Source material —
★ ★ ★

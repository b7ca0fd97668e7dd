-- ===== src/Scheduler/Switch/Installing.antt =====
-- Starting and stopping the tasks (tasking/scheduler.rs) keeps the scheduler valid: the idle task is
-- put in, and taken out.

use leaf_os_alpha.Base.{
  ℕ, ◌≡◌, ◌⊎◌, refl, sym, ap, subst, ◌∙◌, true, false, ◌&&◌, Option, none, some, arith, ok, err,
  if◌then◌else◌, is_none, position, position-some, slot, slot_in_range, fill, Bool-cases, inl, inr,
}
use leaf_os_alpha.Scheduler.Task.{Task, ready, running, is_ready, Scheduler}
use leaf_os_alpha.Scheduler.Ops.{Outcome, has_id, start}
use leaf_os_alpha.Scheduler.Ops.Table.{IsValid, fill_same, IsTable-remove, IsFocus-other}
use leaf_os_alpha.Scheduler.Ops.Saving.{put_same-IsValid}
use leaf_os_alpha.Scheduler.Ops.Tables.{tables, tables-put, start-Keeps}
use leaf_os_alpha.Scheduler.Ops.Processor.{start-IsValid}
use leaf_os_alpha.Scheduler.Lifecycle.{create_kernel_task}
use leaf_os_alpha.Scheduler.Lifecycle.Creation.{create_kernel_task-IsValid}
use leaf_os_alpha.Scheduler.Lifecycle.Tables.{Adds, Grows, Adds-Grows, create_kernel_task-Adds}
use leaf_os_alpha.Scheduler.Switch.{
  make_idle, install_slot, install_at, install_created, install_idle, run_started, run_installed,
  run_tasks, is_ready_idle, is_removing, remove_idle_at, remove_idle,
}

module _ {Space : Type 0} where
  -- The scheduler is valid, and at most one first table has come.
  abbrev pub Starts : Scheduler Space → Scheduler Space → Type 0
  Starts s s' = IsValid s' × Grows s s'

  more_keeps :
      (s s' s'' : Scheduler Space) → Grows s s' → tables s''.tasks ≡ tables s'.tasks → Grows s s''
  more_keeps s s' s'' (inl e) q = inl (q ∙ e)
  more_keeps s s' s'' (inr (i, h, free, e)) q = inr (i, h, free, q ∙ e)

  -- The task that was made is found by its id, is ready and has no parent.
  install_slot-Starts :
      (s s' : Scheduler Space) (i j : ℕ) (t : Task Space) (o : Option (Task Space))
      → IsValid s'
      → Grows s s'
      → slot s'.tasks i ≡ some t
      → t.state ≡ ready
      → t.parent ≡ none
      → slot s'.tasks j ≡ o
      → has_id t.id o ≡ true
      → Starts s (install_slot s' j o).1
  unfolding install_slot
  install_slot-Starts s s' i j t none v g at r p here e = (v, g)
  install_slot-Starts s s' i j t (some u) v g at r p here e =
      let q : i ≡ j = v.table.unique i j t u at here (ground arith) in
      let x : t ≡ u = let y : some t ≡ some u = sym at ∙ ap (slot s'.tasks) q ∙ here in cc in
      let good = v.table.good j u here in
      let w = put_same-IsValid s' j u (make_idle u) v here refl refl (record {
        given = good.given;
        dated = good.dated;
        idles = λ h. (
          inl (ap (λ (y : Task Space). y.state) (sym x) ∙ r),
          ap (λ (y : Task Space). y.parent) (sym x) ∙ p,
        );
      }) in
      (
        record { table = w.table; focus = w.focus; ids = w.ids },
        more_keeps s s' (install_slot s' j (some u)).1 g
            (tables-put j u (make_idle u) s'.tasks here refl),
      )

  install_at-Starts :
      (s s' : Scheduler Space) (i : ℕ) (t : Task Space) (o : Option ℕ)
      → IsValid s'
      → Grows s s'
      → slot s'.tasks i ≡ some t
      → t.state ≡ ready
      → t.parent ≡ none
      → position (has_id t.id) s'.tasks ≡ o
      → Starts s (install_at s' o).1
  unfolding install_at
  install_at-Starts s s' i t none v g at r p e = (v, g)
  install_at-Starts s s' i t (some j) v g at r p e =
      let (_, here, _) = position-some (has_id t.id) s'.tasks j e in
      install_slot-Starts s s' i j t (slot s'.tasks j) v g at r p refl here

  install_created-Starts :
      (s : Scheduler Space) (r : Outcome Space ℕ)
      → IsValid r.1
      → Adds none s r
      → Starts s (install_created r).1
  unfolding install_created
  install_created-Starts s (err e, s') v a = (v, Adds-Grows none s (err e, s') a)
  install_created-Starts s (ok id, s') v (i, t, h, free, q, f, d, r, p) =
      subst (λ n. Starts s (install_at s' (position (has_id n) s'.tasks)).1) d
        (install_at-Starts s s' i t (position (has_id t.id) s'.tasks) v
          (Adds-Grows none s (ok id, s') (i, t, h, free, q, f, d, r, p))
          (ap (λ l. slot l i) q ∙ fill_same i (some t) s.tasks h) r p refl)

  install_idle-Starts :
      (trampoline base entry : ℕ) (s : Scheduler Space)
      → IsValid s
      → Starts s (install_idle trampoline base entry s).1
  unfolding install_idle
  install_idle-Starts tr base entry s v = elim (Bool-cases (is_none s.idle_index)) [
    | inl e ↦ rw e (
        install_created-Starts s (create_kernel_task s tr base entry none)
          (create_kernel_task-IsValid s tr base entry none v)
          (create_kernel_task-Adds s tr base entry none))
    | inr e ↦ rw e (v, inl refl)
  ]

  run_installed-Starts :
      (s : Scheduler Space) (r : Outcome Space (Unit {0}))
      → Starts s r.1
      → Starts s (run_installed r).1
  unfolding run_installed run_started
  run_installed-Starts s (err e, s') v = v
  run_installed-Starts s (ok x, s') (v, g) =
      run_started-Starts (start s')
        (start-IsValid s' v, more_keeps s s' (start s').1 g (start-Keeps s'))
    where
      run_started-Starts : (r : Outcome Space ℕ) → Starts s r.1 → Starts s (run_started r).1
      run_started-Starts (err e, s'') v = v
      run_started-Starts (ok id, s'') v = v

  pub run_tasks-Starts :
      (trampoline base entry : ℕ) (s : Scheduler Space)
      → IsValid s
      → Starts s (run_tasks trampoline base entry s).1
  unfolding run_tasks
  run_tasks-Starts tr base entry s v =
      run_installed-Starts s (install_idle tr base entry s) (install_idle-Starts tr base entry s v)

  -- The idle task is taken out only when it is ready.
  remove_idle_at-IsValid :
      (s : Scheduler Space) (o : Option ℕ) → IsValid s → IsValid (remove_idle_at s o)
  unfolding remove_idle_at
  remove_idle_at-IsValid s none v = v
  remove_idle_at-IsValid s (some i) v = removed (slot s.tasks i) refl
    where
      removed :
          (o : Option (Task Space))
          → slot s.tasks i ≡ o
          → IsValid (
              if is_none s.current && is_ready_idle o
              then record s { idle_index = none; tasks = fill i none s.tasks }
              else s)
      removed none at = elim (Bool-cases (is_none s.current && false)) [
        | inl e ↦ absurd (ground arith)
        | inr e ↦ rw e v
      ]
      removed (some t) at =
          elim (Bool-cases (is_none s.current && (t.is_idle && is_ready t.state))) [
            | inl e ↦
                let r : t.state ≡ ready = ground arith in
                rw e (record {
                  table = IsTable-remove s.next_id i t s.tasks at v.table;
                  focus =
                      IsFocus-other i s.current none s.tasks (slot_in_range s.tasks i t at)
                        (λ u e q.
                          let x : t ≡ u = cc in
                          let y : t.state ≡ running = ap (λ (z : Task Space). z.state) x ∙ q in cc)
                        (λ u e q. cc) v.focus;
                  ids = v.ids;
                })
            | inr e ↦ rw e v
          ]

  pub remove_idle-IsValid : (s : Scheduler Space) → IsValid s → IsValid (remove_idle s)
  unfolding remove_idle
  remove_idle-IsValid s v = remove_idle_at-IsValid s s.idle_index v

  -- Nothing happens, or the idle task's slot is freed.
  pub remove_idle-cases :
      (s : Scheduler Space)
      → ((is_removing s s.idle_index ≡ false) × (remove_idle s ≡ s))
        ⊎ ((i : ℕ) × (s.idle_index ≡ some i)
            × (is_removing s s.idle_index ≡ true)
            × ((remove_idle s).tasks ≡ fill i none s.tasks))
  unfolding remove_idle remove_idle_at
  remove_idle-cases s = at_index s.idle_index refl
    where
      at_index :
          (o : Option ℕ)
          → s.idle_index ≡ o
          → ((is_removing s o ≡ false) × (remove_idle_at s o ≡ s))
            ⊎ ((i : ℕ) × (o ≡ some i)
                × (is_removing s o ≡ true)
                × ((remove_idle_at s o).tasks ≡ fill i none s.tasks))
      at_index none e = inl (refl, refl)
      at_index (some i) e = elim (Bool-cases (is_removing s (some i))) [
        | inl q ↦ inr (i, refl, q, rw q refl)
        | inr q ↦ inl (q, rw q refl)
      ]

★ ★ ★

Task — All that is wanted is an exact copy of the lines above from the one with "unfolding remove_idle remove_idle_at" through the one with "at_index none e = inl (refl, refl)", with both ends included.

Written solution —
  unfolding remove_idle remove_idle_at
  remove_idle-cases s = at_index s.idle_index refl
    where
      at_index :
          (o : Option ℕ)
          → s.idle_index ≡ o
          → ((is_removing s o ≡ false) × (remove_idle_at s o ≡ s))
            ⊎ ((i : ℕ) × (o ≡ some i)
                × (is_removing s o ≡ true)
                × ((remove_idle_at s o).tasks ≡ fill i none s.tasks))
      at_index none e = inl (refl, refl)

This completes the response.